EXERCISE MATERIALS below:

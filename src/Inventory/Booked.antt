-- ===== src/Inventory/Booked.antt =====
-- What `adjust` writes: one row of the stock and one movement (inventory.ts).
use cafe_retail_software.Security.Isolation.{authorized_branch_scope}
use cafe_retail_software.Security.{Scope, authorized_branch, managers}
use cafe_retail_software.Money.{decimal}
use cafe_retail_software.Result.{ok, >>=-eq-ok, ran, Result-cases}
use cafe_retail_software.Database.{Database, required_row, required_row-holds}
use cafe_retail_software.Prelude.Int.{pos, ℤ, ◌≤ℤ◌, ◌+ℤ◌}
use cafe_retail_software.Prelude.{
  ℕ, Bool, List, find_first, ◌≡◌, some, ◌⊎◌, none, modify_first, true, ◌++◌, arith, ◌∷◌, [], sym,
  inl, ◌∙◌, inr, Option, modify_first-append_none, ◌≢◌,
}
use cafe_retail_software.Inventory.{
  stock_row, of_product, add_stock, apply_adjustment, record_movement, book_stock, active_product,
  adjust, Adjustment, signed_change,
}
use cafe_retail_software.Documents.{Inventory, Movement, MovementType, manual_adjustment}
use cafe_retail_software.Mongo.{Mongo}

abbrev in_stock : Option Inventory → ℤ
in_stock none = pos 0
in_stock (some r) = r.quantity_scaled

-- The quantity of a product, nothing where it has no row.
abbrev pub quantity : ℕ → ℕ → ℕ → List Inventory → ℤ
quantity company branch product rows =
    in_stock (find_first (of_product company branch product) rows)

abbrev pub IsStocked : Inventory → Type 0
IsStocked r = pos 0 ≤ℤ r.quantity_scaled

-- The row that is there is written, or a row with nothing in it is added and written.
unfoldable pub Changed : (Inventory → Bool) → ℤ → List Inventory → List Inventory → Type 0
Changed p change before after =
    ((r : Inventory) × (find_first p before ≡ some r)
      × (pos 0 ≤ℤ r.quantity_scaled +ℤ change)
      × (after ≡ modify_first p (add_stock change) before))
    ⊎ ((r : Inventory) × (find_first p before ≡ none)
        × (p r ≡ true)
        × (r.quantity_scaled ≡ pos 0)
        × (pos 0 ≤ℤ r.quantity_scaled +ℤ change)
        × (after ≡ before ++ (add_stock change r ∷ [])))

module _ (m : Mongo) where
  stock_row_cases :
      (company branch product : ℕ) (change : ℤ) (s : Database m) {row : Inventory} {t : Database m}
      → stock_row m company branch product change s ≡ ok (row, t)
      → ((m.find_one (of_product company branch product) s.inventory ≡ some row) × (t ≡ s))
        ⊎ ((m.find_one (of_product company branch product) s.inventory ≡ none)
            × (of_product company branch product row ≡ true)
            × (row.quantity_scaled ≡ pos 0)
            × (t.inventory ≡ m.insert_one row s.inventory)
            × (t.movements ≡ s.movements))
  unfolding stock_row
  stock_row_cases company branch product change s h = ground arith

  pub record_movement_effect :
      (kind : MovementType) (company branch product : ℕ) (change : ℤ) (reference : Option ℕ)
      (user : ℕ) (s : Database m) {movement : Movement} {t : Database m}
      → record_movement m kind company branch product change reference user s ≡ ok (movement, t)
      → (decimal change ≡ ok movement.quantity_change)
        × (movement.movement_type ≡ kind)
        × (movement.branch_id ≡ branch)
        × (movement.product_id ≡ product)
        × (movement.company_id ≡ company)
        × (t.inventory ≡ s.inventory)
        × (t.movements ≡ m.insert_one movement s.movements)
  unfolding record_movement
  record_movement_effect kind company branch product change reference user s h = ground arith

  -- What a booked change has done to the rows and the movements of a product.
  pub record IsBooked (company branch product : ℕ) (change : ℤ) (s t : Database m)
      (movement : Movement) : Type 0 where
    pub stock_changed :
        Changed (of_product company branch product) change (m.docs s.inventory) (m.docs t.inventory)
    pub movement_added : m.docs t.movements ≡ m.docs s.movements ++ (movement ∷ [])
    pub text_of_change : decimal change ≡ ok movement.quantity_change
    pub of_branch : movement.branch_id ≡ branch
    pub of_item : movement.product_id ≡ product

  Changed-update :
      (p : Inventory → Bool) (change : ℤ) (c : m.Collection Inventory) (row : Inventory)
      → pos 0 ≤ℤ row.quantity_scaled +ℤ change
      → m.find_one p c ≡ some row
      → Changed p change (m.docs c) (m.docs (m.update_one p (add_stock change) c))
  unfolding Changed
  Changed-update p change c row enough found =
      inl (row, sym (m.find_one-eq p c) ∙ found, enough, m.docs-update_one p (add_stock change) c)

  Changed-insert :
      (p : Inventory → Bool) (change : ℤ) (c : m.Collection Inventory) (row : Inventory)
      → pos 0 ≤ℤ row.quantity_scaled +ℤ change
      → m.find_one p c ≡ none
      → p row ≡ true
      → row.quantity_scaled ≡ pos 0
      → Changed p change
          (m.docs c)
          (m.docs (m.update_one p (add_stock change) (m.insert_one row c)))
  unfolding Changed
  Changed-insert p change c row enough missing own empty =
      let none_before : find_first p (m.docs c) ≡ none = sym (m.find_one-eq p c) ∙ missing in
      inr (
        row,
        none_before,
        own,
        empty,
        enough,
        m.docs-update_one p (add_stock change) (m.insert_one row c)
            ∙ rw (m.docs-insert_one row c) (
                modify_first-append_none p (add_stock change) (m.docs c) (row ∷ []) none_before
                ∙ rw own),
      )

  book_stock_guard :
      (company branch product : ℕ) (change : ℤ) (user : ℕ) (row : Inventory) (s : Database m)
      {movement : Movement} {t : Database m}
      → book_stock m company branch product change user row s ≡ ok (movement, t)
      → (pos 0 ≤ℤ row.quantity_scaled +ℤ change)
        × (t.inventory
            ≡ m.update_one (of_product company branch product) (add_stock change) s.inventory)
        × (t.movements ≡ m.insert_one movement s.movements)
        × (decimal change ≡ ok movement.quantity_change)
        × (movement.branch_id ≡ branch)
        × (movement.product_id ≡ product)
  unfolding book_stock
  book_stock_guard company branch product change user row s h = ground (
    arith,
    record_movement_effect manual_adjustment company branch product change none user (record s {
      inventory = m.update_one (of_product company branch product) (add_stock change) s.inventory;
    }),
  )

  book_stock-IsBooked :
      (company branch product : ℕ) (change : ℤ) (user : ℕ) (row : Inventory) (s u : Database m)
      {movement : Movement} {t : Database m}
      → stock_row m company branch product change s ≡ ok (row, u)
      → book_stock m company branch product change user row u ≡ ok (movement, t)
      → IsBooked company branch product change s t movement
  book_stock-IsBooked company branch product change user row s u hr h =
      let p = of_product company branch product in
      let (enough, written, moved, text, own_branch, own_item) =
        book_stock_guard company branch product change user row u h in
      elim (stock_row_cases company branch product change s hr) [
        | inl (found, same) ↦ record {
          stock_changed = rw (written, same) (Changed-update p change s.inventory row enough found);
          movement_added = rw (moved, same) (m.docs-insert_one _ s.movements);
          text_of_change = text;
          of_branch = own_branch;
          of_item = own_item;
        }
        | inr (missing, own, empty, added, kept) ↦ record {
          stock_changed =
              rw (written, added)
                (Changed-insert p change s.inventory row enough missing own empty);
          movement_added = rw (moved, kept) (m.docs-insert_one _ s.movements);
          text_of_change = text;
          of_branch = own_branch;
          of_item = own_item;
        }
      ]

  apply_adjustment-IsBooked :
      (scope : Scope) (branch product : ℕ) (change : ℤ) (s : Database m) {movement : Movement}
      {t : Database m}
      → apply_adjustment m scope branch product change s ≡ ok (movement, t)
      → IsBooked scope.company.id branch product change s t movement
  unfolding apply_adjustment
  apply_adjustment-IsBooked scope branch product change s h =
      elim (>>=-eq-ok (authorized_branch m scope branch) _ s h) [
        | ran b s' authorized h' ↦
            elim (>>=-eq-ok
              (required_row m (active_product scope.company.id product) (λ s. s.products)) _ s'
              h') [
                | ran item u found h'' ↦
                    elim (>>=-eq-ok (stock_row m scope.company.id b.id item.id change) _ u h'') [
                      | ran row v got h3 ↦
                          let (same_branch, _, _, _, kept) =
                            authorized_branch_scope m scope branch s authorized in
                          let (passes, _, kept') =
                            required_row-holds m (active_product scope.company.id product)
                              (λ s. s.products) s' found in
                          let same_item : item.id ≡ product = ground arith in
                          let booked =
                            book_stock-IsBooked scope.company.id b.id item.id change scope.user.id
                              row u v got h3 in
                          rw same_branch at (rw same_item at (rw (kept' ∙ kept) at booked))
                    ]
              ]
      ]

  -- An adjustment that returns has booked the change that the request asks for, and only a manager makes one.
  pub adjust-IsBooked :
      (scope : Scope) (body : Adjustment) (s : Database m) {movement : Movement} {t : Database m}
      → adjust m scope body s ≡ ok (movement, t)
      → (change : ℤ) × (signed_change body.quantity_change ≡ ok change)
        × (change ≢ pos 0)
        × (managers scope.user.role ≡ true)
        × IsBooked scope.company.id body.branch_id body.product_id change s t movement
  unfolding adjust
  adjust-IsBooked scope body s {t = t} h =
      elim (Result-cases (signed_change body.quantity_change)) [
        | inl (e, refused) ↦ absurd (ground arith)
        | inr (change, read) ↦ (
          change,
          read,
          ground arith,
          ground arith,
          apply_adjustment-IsBooked scope body.branch_id body.product_id change s {t = t}
              (ground arith),
        )
      ]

End of EXERCISE MATERIALS.

- **EXERCISE INSTRUCTIONS**
What is the number of lines in the records that contain "true"? State that number alone.

- **RESULT OF THIS TASK**
5